A Court may give retrospective approval to an agreement in appropriate circumstances.3  In considering whether to grant approval of a funding agreement, a Court will:4

  1. consider whether the entry into an agreement on behalf of the company is a proper or bona fide exercise of a liquidator’s powers;5 and
  2. review the liquidator’s proposal, paying due regard to his or her commercial judgment and all of the circumstances of the liquidation.6

Importantly, the Court will not “reconsider all of the issues which have been weighed up by the liquidator in developing the proposal”.7  Generally, it will only intervene where there is reason to suspect that there has been a lack of good faith, some error of law or principle, or real and substantial grounds for doubting the prudence of the liquidator’s conduct.8

Approval of funding agreement nunc pro tunc

Justice Gleeson approved the funding agreement nunc pro tunc and the variation.  Her Honour concluded that the liquidator’s entry into the funding agreement and the variation was not ill-advised, was a proper exercise of his power, and that the liquidator was not subject to any unusual control by the Funder in pursuing his investigations or an appeal of the tax assessments.

Her Honour also approved the revised SPL funding agreement, recognising that the SPL needed funding to carry out their appointment.


Generally, a liquidator is entitled to an order that his or her costs of a successful application for funding approval be costs in the winding up of the company.9  Consequently, the primary liquidator and the DCT were both awarded costs in the liquidation of EBS.

Lavan comment

Generally speaking, a liquidator must obtain the Court’s approval before entering into a long term agreement on behalf of a company in liquidation.  However the Court may exercise its discretion and retrospectively approve a litigation funding agreement.  If successful, a liquidator will generally be entitled to an order that his or her costs be costs in the winding up of the company.

Disclaimer – the information contained in this publication does not constitute legal advice and should not be relied upon as such. You should seek legal advice in relation to any particular matter you may have before relying or acting on this information. The Lavan team are here to assist.
Joseph Abberton
Restructuring & Insolvency


[1] Corporations Act 2001 (Cth) s 477(2B).

[2] [2017] FCA 755.

[3] Re Kevin Jacobsen Pty Ltd (in liq) [2016] NSWSC 538; (2016) 113 ACSR 277 [75]; Hamilton, re ACN 101 634 146 Pty Ltd (in liq) [2014] FCA 687; Stewart, re Newtronics Pty Ltd [2007] FCA 1375 [25]; Chamberlain v RG & H Investments Pty Ltd; re Hardy Bros (Earthmoving) Pty Ltd (in liq) (No 2) [2009] FCA 1531; (2009) 76 ACSR 415 [22]-[24].

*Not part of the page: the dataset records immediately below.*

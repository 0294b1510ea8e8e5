-- ===== src/Proto/Udp.antt =====
-- src/proto/udp.rs: the codec of the datagrams.
pub mod Codec
use ds_rs.Prelude.{Option, some, List, ℕ, Outcome, ok, ◌>>=◌}
use ds_rs.Crates.{BytesCrate, Bitflags, Float32}
use ds_rs.Proto.Outbound.{UdpControlPacket, encode}
use ds_rs.Proto.Inbound.{UdpResponsePacket, decode}

-- `Decoder::decode`: the result, and the bytes that remain. An error is passed on.
unfoldable pub decode_datagram :
    BytesCrate → Bitflags → Float32 → List ℕ → Outcome (Option UdpResponsePacket × List ℕ)
decode_datagram b g f src = do (packet, rest) ← decode b g f src; ok (some packet, rest)

-- `Encoder::encode`: the packet goes behind what the buffer holds.
unfoldable pub encode_datagram : BytesCrate → UdpControlPacket → List ℕ → Outcome (List ℕ)
encode_datagram b item dst = do bytes ← encode b item; ok (b.extend dst bytes)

[4] Fortress Credit Corporation (Australia) II Pty Ltd v Fletcher [2011] FCAFC 89; (2011) 85 ACSR 38 [24]; Leigh re King Bros [2006] NSWSC 315 [25]; Re ACN 076 673 875 Ltd [2002] NSWSC 578; (2002) 42 ACSR 296 [17]-[34].

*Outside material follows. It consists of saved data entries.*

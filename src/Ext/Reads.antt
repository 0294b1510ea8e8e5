-- ===== src/Ext/Reads.antt =====
-- What the reads of src/ext.rs do on long and on short buffers.
use ds_rs.Prelude.{
  ◌+◌, ◌*◌, ◌<◌, ◌∷◌, [], ◌∙◌, lt→leb, le→leb, ℕ, ◌≤◌, ◌≡◌, refl, List, length, take, drop, leb,
  arith, Outcome, ok, err, panicked, eof, if◌then◌else◌, Bool-cases, inl, inr, leb→le, length-take,
  take-append-drop,
}
use ds_rs.Crates.{BytesCrate, Getter, Reads, be_from, remaining_lem}
use ds_rs.Ext.{
  ◌>>=◌, >>=-ok, >>=-err, >>=-panicked, Reader, guarded, taken, read_u8, read_u16_be, read_u32_be,
  read_u64_be, read_i8, read_i16_be, read_i32_be, read_i64_be, read_f32_be, read_f64_be,
}

-- A read of `n` big-endian bytes: it takes them where there are so many, and is `short` if not.
abbrev pub reading : ℕ → Outcome (ℕ × List ℕ) → Reader ℕ
reading n short buf = if leb n (length buf) then ok (be_from 0 (take n buf), drop n buf) else short

one_byte : (x : ℕ) → 0 * 256 + x ≡ x
one_byte x = omega arith

module _ (b : BytesCrate) where
  taken_get :
      (n : ℕ) (get : Getter) (buf : List ℕ)
      → Reads n get
      → n ≤ length buf
      → taken (get buf) ≡ ok (be_from 0 (take n buf), drop n buf)
  taken_get n get buf h le =
      let split = h (take n buf) (drop n buf) (omega (arith, length-take n buf)) in
      rw ((rw (take-append-drop n buf) at split)) refl

  guarded-reading :
      (n : ℕ) (short : Outcome (ℕ × List ℕ)) (get : Getter) (buf : List ℕ)
      → Reads n get
      → guarded b n short get buf ≡ reading n short buf
  guarded-reading n short get buf h = elim (Bool-cases (leb n (length buf))) [
    | inl e ↦ rw (remaining_lem b buf, e) (taken_get n get buf h (leb→le n (length buf) e))
    | inr e ↦ rw (remaining_lem b buf, e) refl
  ]

  pub read_u8_lem : (buf : List ℕ) → read_u8 b buf ≡ reading 1 (err eof) buf
  unfolding read_u8
  read_u8_lem buf = guarded-reading 1 (err eof) b.get_u8 buf b.get_u8_law

  pub read_u16_be_lem : (buf : List ℕ) → read_u16_be b buf ≡ reading 2 panicked buf
  unfolding read_u16_be
  read_u16_be_lem buf = guarded-reading 2 panicked b.get_u16 buf b.get_u16_law

  pub read_f32_be_lem : (buf : List ℕ) → read_f32_be b buf ≡ reading 4 (err eof) buf
  unfolding read_f32_be
  read_f32_be_lem buf = guarded-reading 4 (err eof) b.get_f32 buf b.get_f32_law

  -- Each read takes its number of bytes, big-endian, from a buffer that holds so many; on a shorter
  -- one it is the error `UnexpectedEof`, except `read_u16_be`, which panics there.
  reads_lem :
      (buf : List ℕ)
      → (read_u8 b buf ≡ reading 1 (err eof) buf)
        × (read_u16_be b buf ≡ reading 2 panicked buf)
        × (read_u32_be b buf ≡ reading 4 (err eof) buf)
        × (read_u64_be b buf ≡ reading 8 (err eof) buf)
        × (read_i8 b buf ≡ reading 1 (err eof) buf)
        × (read_i16_be b buf ≡ reading 2 (err eof) buf)
        × (read_i32_be b buf ≡ reading 4 (err eof) buf)
        × (read_i64_be b buf ≡ reading 8 (err eof) buf)
        × (read_f32_be b buf ≡ reading 4 (err eof) buf)
        × (read_f64_be b buf ≡ reading 8 (err eof) buf)
  unfolding read_u32_be read_u64_be read_i8 read_i16_be read_i32_be read_i64_be read_f64_be
  reads_lem buf = (
    read_u8_lem buf,
    read_u16_be_lem buf,
    guarded-reading 4 (err eof) b.get_u32 buf b.get_u32_law,
    guarded-reading 8 (err eof) b.get_u64 buf b.get_u64_law,
    guarded-reading 1 (err eof) b.get_i8 buf b.get_i8_law,
    guarded-reading 2 (err eof) b.get_i16 buf b.get_i16_law,
    guarded-reading 4 (err eof) b.get_i32 buf b.get_i32_law,
    guarded-reading 8 (err eof) b.get_i64 buf b.get_i64_law,
    read_f32_be_lem buf,
    guarded-reading 8 (err eof) b.get_f64 buf b.get_f64_law,
  )

  pub read_u8-cons : (x : ℕ) (rest : List ℕ) → read_u8 b (x ∷ rest) ≡ ok (x, rest)
  read_u8-cons x rest =
      read_u8_lem (x ∷ rest) ∙ rw (le→leb 1 (length (x ∷ rest)) (omega arith), one_byte x) refl

  pub read_u8-nil : read_u8 b [] ≡ err eof
  read_u8-nil = read_u8_lem []

  pub read_u16_be-cons :
      (x y : ℕ) (rest : List ℕ) → read_u16_be b (x ∷ y ∷ rest) ≡ ok (x * 256 + y, rest)
  read_u16_be-cons x y rest =
      read_u16_be_lem (x ∷ y ∷ rest)
      ∙ rw (le→leb 2 (length (x ∷ y ∷ rest)) (omega arith), one_byte x) refl

  pub read_u16_be-short : (buf : List ℕ) → length buf < 2 → read_u16_be b buf ≡ panicked
  read_u16_be-short buf h = read_u16_be_lem buf ∙ rw (lt→leb 2 (length buf) h) refl

  -- A `?` on a byte that is there, and on one that is not.
  pub read_u8-next {κ} :
      {B : Type κ} (f : ℕ → Reader B) (x : ℕ) (rest : List ℕ)
      → (read_u8 b >>= f) (x ∷ rest) ≡ f x rest
  read_u8-next f x rest = >>=-ok (read_u8 b) f (x ∷ rest) (read_u8-cons x rest)

  pub read_u8-end {κ} : {B : Type κ} (f : ℕ → Reader B) → (read_u8 b >>= f) [] ≡ err eof
  read_u8-end f = >>=-err (read_u8 b) f [] read_u8-nil

  pub read_u16_be-next {κ} :
      {B : Type κ} (f : ℕ → Reader B) (x y : ℕ) (rest : List ℕ)
      → (read_u16_be b >>= f) (x ∷ y ∷ rest) ≡ f (x * 256 + y) rest
  read_u16_be-next f x y rest = >>=-ok (read_u16_be b) f (x ∷ y ∷ rest) (read_u16_be-cons x y rest)

  pub read_f32_be-next {κ} :
      {B : Type κ} (f : ℕ → Reader B) (x y z w : ℕ) (rest : List ℕ)
      → (read_f32_be b >>= f) (x ∷ y ∷ z ∷ w ∷ rest) ≡ f (be_from 0 (x ∷ y ∷ z ∷ w ∷ [])) rest
  read_f32_be-next f x y z w rest =
      >>=-ok (read_f32_be b) f _
        (read_f32_be_lem _ ∙ rw (le→leb 4 (length (x ∷ y ∷ z ∷ w ∷ rest)) (omega arith)) refl)

  pub read_f32_be-end {κ} :
      {B : Type κ} (f : ℕ → Reader B) (buf : List ℕ)
      → length buf < 4
      → (read_f32_be b >>= f) buf ≡ err eof
  read_f32_be-end f buf h =
      >>=-err (read_f32_be b) f buf (read_f32_be_lem buf ∙ rw (lt→leb 4 (length buf) h) refl)

  pub read_u16_be-end {κ} :
      {B : Type κ} (f : ℕ → Reader B) (buf : List ℕ)
      → length buf < 2
      → (read_u16_be b >>= f) buf ≡ panicked
  read_u16_be-end f buf h = >>=-panicked (read_u16_be b) f buf (read_u16_be-short buf h)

[5] Re 7 Steel Distribution Pty Ltd (in liq) (recs and mgrs. Apptd) [2013] NSWSC 669; (2013) 31 ACLC 13-021 [17], (Black J).

[6] Corporate Affairs Commission v ASC Timber Pty Ltd (1998) 29 ACSR 109 [118], (Austin J).

[7] Ibid.

[8] Re Spedley Securities Ltd (in liq) (1992) 9 ACSR 83 [85-86], (Giles J).

[9] Re Golden Sands Hospitality Pty Ltd (in liq) (No 2) [2017] NSWSC 450.